# First table



## Rorban1 (Oct 21, 2012)

This is the first project I've done. It is a coffee table and yes it's stained. :dunno: The wife really like its and its extremely functional. Constructed from a sheet of plywood some 2x4s and 2x2s. I like how it turned out, however, I wish I had spent more time on the fine details... The things I notice that no one else will 

The first photo is the table up on my "bench" getting finished. The second is the final product waiting for use!


----------



## Rorban1 (Oct 21, 2012)

Second photo. Enjoy!


----------



## Kevin (Oct 21, 2012)

I think you're the most talented woodworker I have ever met. I've tried, but I have never been able to build a coffee table that can hover upside-down on the ceiling. 

Really it's a pretty table and if it makes the wife happy you're a very successful woodworker.
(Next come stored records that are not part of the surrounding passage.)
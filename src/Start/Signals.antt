-- ===== src/Start/Signals.antt =====
-- main.go: handleSignals on the signals that come, and shutdown.
use open_blocklist.Base.{List, [], ◌∷◌, Bool, true, false, ◌≡◌, refl, if◌then◌else◌}

-- The signals that it has asked for.
pub data Signal : Type 0 where
  sighup sigint sigterm : Signal

-- The goroutine waits for the next signal, with gShutdownRequested as it was; or the process ended with
-- the exit code 0, behind shutdown, which sets it.
pub data Handled : Type 0 where
  waiting : Handled
  exited : (shutdown_requested : Bool) → Handled

unfoldable pub handle_signals : List Signal → Handled
handle_signals [] = waiting
handle_signals (sighup ∷ signals) = handle_signals signals
handle_signals (sigint ∷ signals) = exited true
handle_signals (sigterm ∷ signals) = exited true

abbrev ends : Signal → Bool
ends sighup = false
ends sigint = true
ends sigterm = true

abbrev any_ends : List Signal → Bool
any_ends [] = false
any_ends (s ∷ ss) = if ends s then true else any_ends ss

-- The process ends by a signal exactly if SIGINT or SIGTERM is among those that came, and then it has
-- asked for the shutdown first.
pub handle_signals-ends :
    (signals : List Signal)
    → handle_signals signals ≡ (if any_ends signals then exited true else waiting)
unfolding handle_signals
handle_signals-ends [] = refl
handle_signals-ends (sighup ∷ signals) = handle_signals-ends signals
handle_signals-ends (sigint ∷ signals) = refl
handle_signals-ends (sigterm ∷ signals) = refl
Thanks for the pics.


----------



## NYWoodturner (Oct 21, 2012)

The table on the ceiling actually has some upside if you think about it long enough... but the foot beside it is a different story...
Nice job on the table!
Scott


----------



## Rorban1 (Oct 21, 2012)

The picture is upside down?

Edit: It didn't look that way on my ipod where I uploaded it from! sorry lol


----------



## JMC (Oct 21, 2012)

Nice table but I like your sawhorse construction too, it says a lot.


----------